**WORK REQUIRED**
Starting with the line that contains "bounded = ground (arith, v.bounded, length-append" and stopping after the line that contains "conserving = v.conserving;", return each line below exactly as written, with no others.

**INFORMATION SHOWN**

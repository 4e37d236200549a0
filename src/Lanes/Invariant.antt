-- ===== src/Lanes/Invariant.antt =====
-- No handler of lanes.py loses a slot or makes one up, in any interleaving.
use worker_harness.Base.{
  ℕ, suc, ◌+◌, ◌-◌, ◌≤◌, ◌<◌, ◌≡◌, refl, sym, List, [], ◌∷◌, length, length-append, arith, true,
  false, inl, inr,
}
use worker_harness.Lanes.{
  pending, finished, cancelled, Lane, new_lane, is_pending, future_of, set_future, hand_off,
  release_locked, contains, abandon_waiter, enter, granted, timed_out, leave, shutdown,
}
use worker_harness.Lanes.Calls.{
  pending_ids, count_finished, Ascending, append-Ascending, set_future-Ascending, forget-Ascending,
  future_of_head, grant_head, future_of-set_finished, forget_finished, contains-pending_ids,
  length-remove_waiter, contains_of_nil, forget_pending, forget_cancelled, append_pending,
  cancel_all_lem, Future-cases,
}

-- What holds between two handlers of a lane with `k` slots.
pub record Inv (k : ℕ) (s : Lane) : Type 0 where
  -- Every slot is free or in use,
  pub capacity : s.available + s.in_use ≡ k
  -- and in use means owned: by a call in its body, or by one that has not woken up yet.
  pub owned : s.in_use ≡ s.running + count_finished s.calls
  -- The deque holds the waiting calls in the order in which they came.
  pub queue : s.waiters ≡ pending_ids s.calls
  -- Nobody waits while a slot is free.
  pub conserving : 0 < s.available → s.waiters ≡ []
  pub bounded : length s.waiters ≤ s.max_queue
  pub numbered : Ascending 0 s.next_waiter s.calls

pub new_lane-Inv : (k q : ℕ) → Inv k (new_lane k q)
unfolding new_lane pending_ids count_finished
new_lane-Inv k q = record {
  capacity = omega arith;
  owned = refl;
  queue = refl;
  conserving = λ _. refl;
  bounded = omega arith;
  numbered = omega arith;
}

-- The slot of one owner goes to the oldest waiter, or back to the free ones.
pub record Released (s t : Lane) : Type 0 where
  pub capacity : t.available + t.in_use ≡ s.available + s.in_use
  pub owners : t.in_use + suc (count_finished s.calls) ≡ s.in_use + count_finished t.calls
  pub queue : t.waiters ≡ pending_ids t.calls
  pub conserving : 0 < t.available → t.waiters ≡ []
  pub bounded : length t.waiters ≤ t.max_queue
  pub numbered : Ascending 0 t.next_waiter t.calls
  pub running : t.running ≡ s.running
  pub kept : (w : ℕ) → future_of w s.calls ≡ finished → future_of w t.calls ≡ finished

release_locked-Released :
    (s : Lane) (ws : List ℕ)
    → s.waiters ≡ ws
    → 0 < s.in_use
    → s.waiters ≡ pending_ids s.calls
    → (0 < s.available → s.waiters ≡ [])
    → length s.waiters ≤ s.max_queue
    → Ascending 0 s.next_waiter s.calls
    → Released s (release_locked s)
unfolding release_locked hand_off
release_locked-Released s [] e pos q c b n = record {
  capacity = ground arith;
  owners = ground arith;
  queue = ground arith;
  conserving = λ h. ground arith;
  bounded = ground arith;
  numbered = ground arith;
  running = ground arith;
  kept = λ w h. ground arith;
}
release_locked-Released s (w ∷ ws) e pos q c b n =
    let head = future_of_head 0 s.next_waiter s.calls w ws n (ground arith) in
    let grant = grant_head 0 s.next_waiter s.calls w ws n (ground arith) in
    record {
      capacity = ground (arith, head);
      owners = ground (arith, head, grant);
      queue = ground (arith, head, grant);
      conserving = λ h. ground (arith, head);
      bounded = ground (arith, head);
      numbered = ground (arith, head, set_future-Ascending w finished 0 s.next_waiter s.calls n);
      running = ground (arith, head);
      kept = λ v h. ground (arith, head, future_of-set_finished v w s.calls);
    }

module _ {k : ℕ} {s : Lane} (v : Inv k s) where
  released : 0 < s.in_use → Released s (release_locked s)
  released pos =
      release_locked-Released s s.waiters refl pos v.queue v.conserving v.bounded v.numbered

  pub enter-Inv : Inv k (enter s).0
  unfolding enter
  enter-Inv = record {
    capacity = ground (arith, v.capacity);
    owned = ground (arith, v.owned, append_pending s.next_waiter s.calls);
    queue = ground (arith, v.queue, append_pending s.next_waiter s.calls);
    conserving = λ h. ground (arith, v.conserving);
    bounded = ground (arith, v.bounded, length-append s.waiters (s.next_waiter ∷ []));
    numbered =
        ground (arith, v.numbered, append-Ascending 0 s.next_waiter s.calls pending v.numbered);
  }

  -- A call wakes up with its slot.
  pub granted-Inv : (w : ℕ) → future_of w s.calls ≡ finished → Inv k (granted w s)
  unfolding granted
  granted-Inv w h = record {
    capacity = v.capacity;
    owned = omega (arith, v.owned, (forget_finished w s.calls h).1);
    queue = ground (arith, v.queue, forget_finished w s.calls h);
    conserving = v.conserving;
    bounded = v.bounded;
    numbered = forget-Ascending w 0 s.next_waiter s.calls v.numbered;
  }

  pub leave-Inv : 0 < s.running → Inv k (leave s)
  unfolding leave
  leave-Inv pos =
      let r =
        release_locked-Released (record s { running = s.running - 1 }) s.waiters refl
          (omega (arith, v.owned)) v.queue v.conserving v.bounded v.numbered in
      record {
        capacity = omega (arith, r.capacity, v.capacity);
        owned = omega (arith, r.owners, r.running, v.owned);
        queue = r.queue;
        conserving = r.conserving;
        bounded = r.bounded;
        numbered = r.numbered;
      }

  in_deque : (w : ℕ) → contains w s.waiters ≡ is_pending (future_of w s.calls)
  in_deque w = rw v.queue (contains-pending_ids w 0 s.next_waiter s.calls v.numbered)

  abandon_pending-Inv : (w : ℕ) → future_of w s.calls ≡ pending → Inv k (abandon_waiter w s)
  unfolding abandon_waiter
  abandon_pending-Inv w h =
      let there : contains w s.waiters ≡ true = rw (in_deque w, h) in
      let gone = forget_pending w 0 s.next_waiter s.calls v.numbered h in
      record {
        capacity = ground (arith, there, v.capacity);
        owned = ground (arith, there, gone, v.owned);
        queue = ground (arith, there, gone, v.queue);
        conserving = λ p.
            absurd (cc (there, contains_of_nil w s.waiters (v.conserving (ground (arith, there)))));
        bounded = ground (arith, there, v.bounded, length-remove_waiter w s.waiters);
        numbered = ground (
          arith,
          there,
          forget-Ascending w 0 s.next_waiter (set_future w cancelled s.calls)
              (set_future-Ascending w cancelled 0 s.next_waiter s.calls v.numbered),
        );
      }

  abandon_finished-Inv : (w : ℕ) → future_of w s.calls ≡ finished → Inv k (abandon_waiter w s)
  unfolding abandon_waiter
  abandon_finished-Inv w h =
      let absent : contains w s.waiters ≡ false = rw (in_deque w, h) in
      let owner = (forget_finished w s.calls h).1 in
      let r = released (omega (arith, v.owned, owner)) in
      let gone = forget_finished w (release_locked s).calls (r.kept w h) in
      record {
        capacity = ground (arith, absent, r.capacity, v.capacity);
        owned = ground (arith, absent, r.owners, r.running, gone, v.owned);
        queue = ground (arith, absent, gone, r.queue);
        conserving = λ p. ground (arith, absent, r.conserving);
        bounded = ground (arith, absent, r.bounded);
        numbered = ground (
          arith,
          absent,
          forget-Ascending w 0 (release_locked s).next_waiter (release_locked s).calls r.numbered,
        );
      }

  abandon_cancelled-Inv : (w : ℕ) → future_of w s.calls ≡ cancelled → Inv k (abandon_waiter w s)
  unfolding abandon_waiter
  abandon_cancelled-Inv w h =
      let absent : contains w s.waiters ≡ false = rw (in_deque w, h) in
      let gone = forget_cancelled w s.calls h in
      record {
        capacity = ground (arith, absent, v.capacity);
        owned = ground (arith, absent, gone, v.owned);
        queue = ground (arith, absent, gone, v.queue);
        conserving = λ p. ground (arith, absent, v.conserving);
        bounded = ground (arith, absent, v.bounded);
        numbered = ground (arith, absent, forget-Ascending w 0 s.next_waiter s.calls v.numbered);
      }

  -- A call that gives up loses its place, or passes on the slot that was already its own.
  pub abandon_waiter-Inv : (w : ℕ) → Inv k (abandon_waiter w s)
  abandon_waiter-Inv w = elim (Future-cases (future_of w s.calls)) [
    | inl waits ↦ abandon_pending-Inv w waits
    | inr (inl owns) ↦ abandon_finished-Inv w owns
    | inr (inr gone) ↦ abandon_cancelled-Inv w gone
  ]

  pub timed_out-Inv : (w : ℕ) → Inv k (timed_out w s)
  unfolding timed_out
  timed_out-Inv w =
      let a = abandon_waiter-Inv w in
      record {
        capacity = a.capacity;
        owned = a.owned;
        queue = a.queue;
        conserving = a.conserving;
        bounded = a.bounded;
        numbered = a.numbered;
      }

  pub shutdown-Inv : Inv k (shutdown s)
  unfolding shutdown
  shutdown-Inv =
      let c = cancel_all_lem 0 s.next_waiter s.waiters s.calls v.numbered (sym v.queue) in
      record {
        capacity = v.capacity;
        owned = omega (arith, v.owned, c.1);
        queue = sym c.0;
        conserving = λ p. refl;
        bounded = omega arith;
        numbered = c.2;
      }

...

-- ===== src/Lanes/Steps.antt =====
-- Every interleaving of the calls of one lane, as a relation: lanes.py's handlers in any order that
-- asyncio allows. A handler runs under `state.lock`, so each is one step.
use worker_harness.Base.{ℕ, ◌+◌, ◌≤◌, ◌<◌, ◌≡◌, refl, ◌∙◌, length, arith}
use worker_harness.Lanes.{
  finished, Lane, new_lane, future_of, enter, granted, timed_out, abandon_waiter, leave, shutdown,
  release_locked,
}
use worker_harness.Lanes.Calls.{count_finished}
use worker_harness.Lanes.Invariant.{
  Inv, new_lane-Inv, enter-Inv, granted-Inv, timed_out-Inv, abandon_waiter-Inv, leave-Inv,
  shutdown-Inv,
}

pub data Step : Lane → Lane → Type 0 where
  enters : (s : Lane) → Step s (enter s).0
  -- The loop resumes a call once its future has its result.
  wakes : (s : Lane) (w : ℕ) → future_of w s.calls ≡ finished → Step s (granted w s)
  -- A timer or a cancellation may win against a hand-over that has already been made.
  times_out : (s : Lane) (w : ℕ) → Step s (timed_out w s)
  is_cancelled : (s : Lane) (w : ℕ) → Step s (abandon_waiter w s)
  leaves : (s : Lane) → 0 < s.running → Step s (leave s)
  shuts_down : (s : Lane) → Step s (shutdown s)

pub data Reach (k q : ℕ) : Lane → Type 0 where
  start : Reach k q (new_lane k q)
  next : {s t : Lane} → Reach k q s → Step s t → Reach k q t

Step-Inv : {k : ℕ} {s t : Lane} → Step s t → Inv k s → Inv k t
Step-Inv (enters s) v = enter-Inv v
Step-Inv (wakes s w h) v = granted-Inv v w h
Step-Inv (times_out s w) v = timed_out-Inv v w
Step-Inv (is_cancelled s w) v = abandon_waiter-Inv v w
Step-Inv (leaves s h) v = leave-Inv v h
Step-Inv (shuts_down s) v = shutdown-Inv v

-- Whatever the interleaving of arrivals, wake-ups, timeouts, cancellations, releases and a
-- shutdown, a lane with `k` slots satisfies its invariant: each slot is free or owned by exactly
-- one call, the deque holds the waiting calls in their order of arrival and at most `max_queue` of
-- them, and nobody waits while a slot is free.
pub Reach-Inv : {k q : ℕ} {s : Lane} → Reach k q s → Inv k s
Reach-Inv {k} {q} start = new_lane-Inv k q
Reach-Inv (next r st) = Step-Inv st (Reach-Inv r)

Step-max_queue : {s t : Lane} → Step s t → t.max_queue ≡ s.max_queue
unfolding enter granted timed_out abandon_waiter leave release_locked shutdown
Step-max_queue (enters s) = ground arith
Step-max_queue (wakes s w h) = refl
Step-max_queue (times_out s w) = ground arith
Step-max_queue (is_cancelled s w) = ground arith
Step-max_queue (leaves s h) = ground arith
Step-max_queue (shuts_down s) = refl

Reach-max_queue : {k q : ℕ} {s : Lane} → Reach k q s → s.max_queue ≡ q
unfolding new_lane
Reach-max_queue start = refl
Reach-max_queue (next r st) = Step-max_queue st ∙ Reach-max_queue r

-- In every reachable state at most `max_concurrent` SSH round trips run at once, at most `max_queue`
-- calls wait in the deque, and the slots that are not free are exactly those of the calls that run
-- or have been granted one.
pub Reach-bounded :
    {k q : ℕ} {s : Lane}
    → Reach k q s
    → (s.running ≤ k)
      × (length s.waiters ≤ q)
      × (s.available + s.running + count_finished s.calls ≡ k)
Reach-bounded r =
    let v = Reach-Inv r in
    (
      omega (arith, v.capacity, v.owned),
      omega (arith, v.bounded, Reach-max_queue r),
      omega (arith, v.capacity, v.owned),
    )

**ANSWER FOR THIS EXERCISE**
    bounded = ground (arith, v.bounded, length-append s.waiters (s.next_waiter ∷ []));
    numbered =
        ground (arith, v.numbered, append-Ascending 0 s.next_waiter s.calls pending v.numbered);
  }

  -- A call wakes up with its slot.
  pub granted-Inv : (w : ℕ) → future_of w s.calls ≡ finished → Inv k (granted w s)
  unfolding granted
  granted-Inv w h = record {
    capacity = v.capacity;
    owned = omega (arith, v.owned, (forget_finished w s.calls h).1);
    queue = ground (arith, v.queue, forget_finished w s.calls h);
    conserving = v.conserving;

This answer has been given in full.